THE PROBLEM> Please return only the lines from the one holding "(parse_url : String → Result String) (white_list" through the one holding "unfolding allow_origin", exactly as they appear in the records below, both ends included.

DATA FOR THE TASK>
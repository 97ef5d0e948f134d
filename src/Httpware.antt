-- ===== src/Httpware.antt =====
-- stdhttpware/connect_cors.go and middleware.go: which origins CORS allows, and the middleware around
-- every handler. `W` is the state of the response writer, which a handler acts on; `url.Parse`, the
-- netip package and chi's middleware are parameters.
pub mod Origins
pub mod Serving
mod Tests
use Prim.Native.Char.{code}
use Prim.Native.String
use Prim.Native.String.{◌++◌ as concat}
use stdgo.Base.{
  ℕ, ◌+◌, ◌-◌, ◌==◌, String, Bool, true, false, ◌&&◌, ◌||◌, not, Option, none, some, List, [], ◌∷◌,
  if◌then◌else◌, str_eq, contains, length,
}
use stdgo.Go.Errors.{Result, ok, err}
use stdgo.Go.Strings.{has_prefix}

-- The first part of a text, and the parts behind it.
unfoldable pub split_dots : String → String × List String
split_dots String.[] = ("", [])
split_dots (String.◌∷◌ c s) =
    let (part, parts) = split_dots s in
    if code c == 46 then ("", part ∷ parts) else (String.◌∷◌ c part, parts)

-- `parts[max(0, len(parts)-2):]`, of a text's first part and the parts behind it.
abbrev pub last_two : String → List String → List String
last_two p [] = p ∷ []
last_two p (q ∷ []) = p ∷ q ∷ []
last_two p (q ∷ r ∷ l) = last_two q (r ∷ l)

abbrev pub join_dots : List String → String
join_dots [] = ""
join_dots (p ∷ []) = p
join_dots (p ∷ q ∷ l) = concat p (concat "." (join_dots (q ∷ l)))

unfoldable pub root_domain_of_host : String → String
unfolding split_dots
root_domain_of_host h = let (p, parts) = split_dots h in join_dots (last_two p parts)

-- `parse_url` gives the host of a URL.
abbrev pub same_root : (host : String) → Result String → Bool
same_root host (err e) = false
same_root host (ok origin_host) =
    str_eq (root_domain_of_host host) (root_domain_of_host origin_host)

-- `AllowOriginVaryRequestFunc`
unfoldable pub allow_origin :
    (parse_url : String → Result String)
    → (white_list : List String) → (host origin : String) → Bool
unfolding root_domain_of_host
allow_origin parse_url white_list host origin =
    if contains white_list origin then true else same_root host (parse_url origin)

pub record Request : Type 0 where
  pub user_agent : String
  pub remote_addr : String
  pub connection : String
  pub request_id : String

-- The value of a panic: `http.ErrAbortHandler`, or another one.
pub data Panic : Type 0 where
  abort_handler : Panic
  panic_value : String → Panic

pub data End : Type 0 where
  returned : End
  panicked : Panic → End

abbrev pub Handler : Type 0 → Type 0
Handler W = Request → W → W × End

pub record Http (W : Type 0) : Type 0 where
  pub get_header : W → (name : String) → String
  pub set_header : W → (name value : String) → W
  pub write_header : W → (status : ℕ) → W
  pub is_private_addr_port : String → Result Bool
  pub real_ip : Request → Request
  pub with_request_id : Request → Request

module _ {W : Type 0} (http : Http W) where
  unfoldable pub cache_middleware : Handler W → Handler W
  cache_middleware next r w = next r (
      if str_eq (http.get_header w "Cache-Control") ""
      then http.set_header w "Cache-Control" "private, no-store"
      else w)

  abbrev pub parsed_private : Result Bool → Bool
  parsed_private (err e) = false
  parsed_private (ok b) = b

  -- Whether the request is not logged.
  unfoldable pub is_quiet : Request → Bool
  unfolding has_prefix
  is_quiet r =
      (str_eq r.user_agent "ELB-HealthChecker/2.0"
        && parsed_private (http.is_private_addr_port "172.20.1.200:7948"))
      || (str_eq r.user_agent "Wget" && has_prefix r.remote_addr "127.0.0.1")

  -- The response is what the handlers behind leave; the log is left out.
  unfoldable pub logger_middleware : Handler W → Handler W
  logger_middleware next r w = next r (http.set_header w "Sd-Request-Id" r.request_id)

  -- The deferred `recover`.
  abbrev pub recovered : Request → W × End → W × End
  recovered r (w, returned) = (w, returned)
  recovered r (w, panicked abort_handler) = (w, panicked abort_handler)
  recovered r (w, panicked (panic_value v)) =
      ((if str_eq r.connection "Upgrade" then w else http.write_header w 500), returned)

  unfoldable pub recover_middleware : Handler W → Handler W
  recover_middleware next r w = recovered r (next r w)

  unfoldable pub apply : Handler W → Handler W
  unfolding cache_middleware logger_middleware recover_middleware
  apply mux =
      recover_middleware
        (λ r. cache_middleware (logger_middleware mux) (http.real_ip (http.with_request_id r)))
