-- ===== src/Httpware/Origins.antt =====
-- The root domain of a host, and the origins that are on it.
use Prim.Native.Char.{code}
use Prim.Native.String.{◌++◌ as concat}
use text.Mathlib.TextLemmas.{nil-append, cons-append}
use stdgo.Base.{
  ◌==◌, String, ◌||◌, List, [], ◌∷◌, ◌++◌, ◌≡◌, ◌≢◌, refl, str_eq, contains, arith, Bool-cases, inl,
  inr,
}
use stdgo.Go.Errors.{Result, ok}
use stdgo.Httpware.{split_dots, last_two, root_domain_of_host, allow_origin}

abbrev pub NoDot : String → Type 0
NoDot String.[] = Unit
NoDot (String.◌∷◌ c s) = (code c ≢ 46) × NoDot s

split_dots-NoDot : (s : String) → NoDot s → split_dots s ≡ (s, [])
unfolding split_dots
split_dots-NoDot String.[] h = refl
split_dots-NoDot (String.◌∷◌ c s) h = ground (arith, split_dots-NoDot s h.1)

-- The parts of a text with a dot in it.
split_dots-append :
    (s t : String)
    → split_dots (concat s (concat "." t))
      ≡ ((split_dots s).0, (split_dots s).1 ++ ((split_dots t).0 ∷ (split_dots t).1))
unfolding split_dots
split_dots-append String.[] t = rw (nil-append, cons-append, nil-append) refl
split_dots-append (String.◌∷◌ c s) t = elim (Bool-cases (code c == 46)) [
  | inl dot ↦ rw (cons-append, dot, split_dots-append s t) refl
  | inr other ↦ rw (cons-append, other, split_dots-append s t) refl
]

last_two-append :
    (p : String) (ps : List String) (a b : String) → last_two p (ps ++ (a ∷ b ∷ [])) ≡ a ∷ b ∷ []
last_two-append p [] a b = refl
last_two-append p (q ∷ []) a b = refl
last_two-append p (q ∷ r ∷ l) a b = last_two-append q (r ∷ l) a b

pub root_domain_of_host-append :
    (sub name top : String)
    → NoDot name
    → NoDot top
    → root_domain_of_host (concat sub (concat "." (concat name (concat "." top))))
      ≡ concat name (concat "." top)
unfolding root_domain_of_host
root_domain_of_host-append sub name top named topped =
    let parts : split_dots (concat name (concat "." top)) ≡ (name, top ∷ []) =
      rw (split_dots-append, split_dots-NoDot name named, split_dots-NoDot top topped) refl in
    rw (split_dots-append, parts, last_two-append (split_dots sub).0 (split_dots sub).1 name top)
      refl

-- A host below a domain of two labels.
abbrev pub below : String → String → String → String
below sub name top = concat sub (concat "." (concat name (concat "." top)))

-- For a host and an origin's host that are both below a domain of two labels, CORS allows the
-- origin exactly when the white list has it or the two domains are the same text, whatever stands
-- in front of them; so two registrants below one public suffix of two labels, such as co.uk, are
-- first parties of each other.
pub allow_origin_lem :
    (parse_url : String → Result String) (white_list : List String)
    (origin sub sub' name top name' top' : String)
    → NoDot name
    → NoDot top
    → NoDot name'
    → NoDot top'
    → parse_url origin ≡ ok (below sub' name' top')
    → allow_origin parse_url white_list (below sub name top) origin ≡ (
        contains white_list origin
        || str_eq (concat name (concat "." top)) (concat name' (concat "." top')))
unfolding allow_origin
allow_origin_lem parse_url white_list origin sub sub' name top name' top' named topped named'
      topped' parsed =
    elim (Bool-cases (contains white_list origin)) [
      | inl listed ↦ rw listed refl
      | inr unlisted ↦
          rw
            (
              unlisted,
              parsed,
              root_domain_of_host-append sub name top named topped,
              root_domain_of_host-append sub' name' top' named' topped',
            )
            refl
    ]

* * *

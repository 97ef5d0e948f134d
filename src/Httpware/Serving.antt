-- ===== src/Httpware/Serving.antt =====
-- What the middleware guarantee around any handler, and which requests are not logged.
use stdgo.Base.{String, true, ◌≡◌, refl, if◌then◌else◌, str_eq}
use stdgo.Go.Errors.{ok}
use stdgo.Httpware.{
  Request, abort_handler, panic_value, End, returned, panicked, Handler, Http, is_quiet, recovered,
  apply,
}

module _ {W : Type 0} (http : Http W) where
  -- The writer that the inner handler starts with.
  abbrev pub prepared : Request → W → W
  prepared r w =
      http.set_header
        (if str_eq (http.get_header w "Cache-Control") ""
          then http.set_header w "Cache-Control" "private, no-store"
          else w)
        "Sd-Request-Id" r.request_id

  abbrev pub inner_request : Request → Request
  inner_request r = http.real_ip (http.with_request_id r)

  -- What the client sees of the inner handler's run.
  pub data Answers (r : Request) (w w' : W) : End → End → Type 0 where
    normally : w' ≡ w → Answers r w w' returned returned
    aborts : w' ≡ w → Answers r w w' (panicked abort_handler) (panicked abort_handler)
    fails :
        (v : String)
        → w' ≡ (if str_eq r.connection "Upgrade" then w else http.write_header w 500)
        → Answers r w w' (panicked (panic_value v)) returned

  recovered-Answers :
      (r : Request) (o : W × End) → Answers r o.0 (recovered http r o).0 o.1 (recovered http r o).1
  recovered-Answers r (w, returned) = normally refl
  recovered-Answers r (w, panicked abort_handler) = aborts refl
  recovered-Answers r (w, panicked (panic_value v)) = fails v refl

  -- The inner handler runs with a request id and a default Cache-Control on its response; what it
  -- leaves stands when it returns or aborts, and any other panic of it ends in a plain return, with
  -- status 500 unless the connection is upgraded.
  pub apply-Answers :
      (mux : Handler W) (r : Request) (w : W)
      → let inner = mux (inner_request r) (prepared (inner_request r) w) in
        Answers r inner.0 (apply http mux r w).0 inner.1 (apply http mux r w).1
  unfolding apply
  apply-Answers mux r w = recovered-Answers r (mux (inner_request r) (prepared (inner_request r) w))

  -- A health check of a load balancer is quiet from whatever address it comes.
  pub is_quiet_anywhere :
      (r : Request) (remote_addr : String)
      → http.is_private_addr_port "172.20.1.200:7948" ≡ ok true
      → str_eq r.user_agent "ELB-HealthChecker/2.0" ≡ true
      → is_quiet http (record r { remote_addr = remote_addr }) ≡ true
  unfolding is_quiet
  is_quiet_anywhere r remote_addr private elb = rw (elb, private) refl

ANSWER TO THIS PROBLEM>
    (parse_url : String → Result String) (white_list : List String)
    (origin sub sub' name top name' top' : String)
    → NoDot name
    → NoDot top
    → NoDot name'
    → NoDot top'
    → parse_url origin ≡ ok (below sub' name' top')
    → allow_origin parse_url white_list (below sub name top) origin ≡ (
        contains white_list origin
        || str_eq (concat name (concat "." top)) (concat name' (concat "." top')))
unfolding allow_origin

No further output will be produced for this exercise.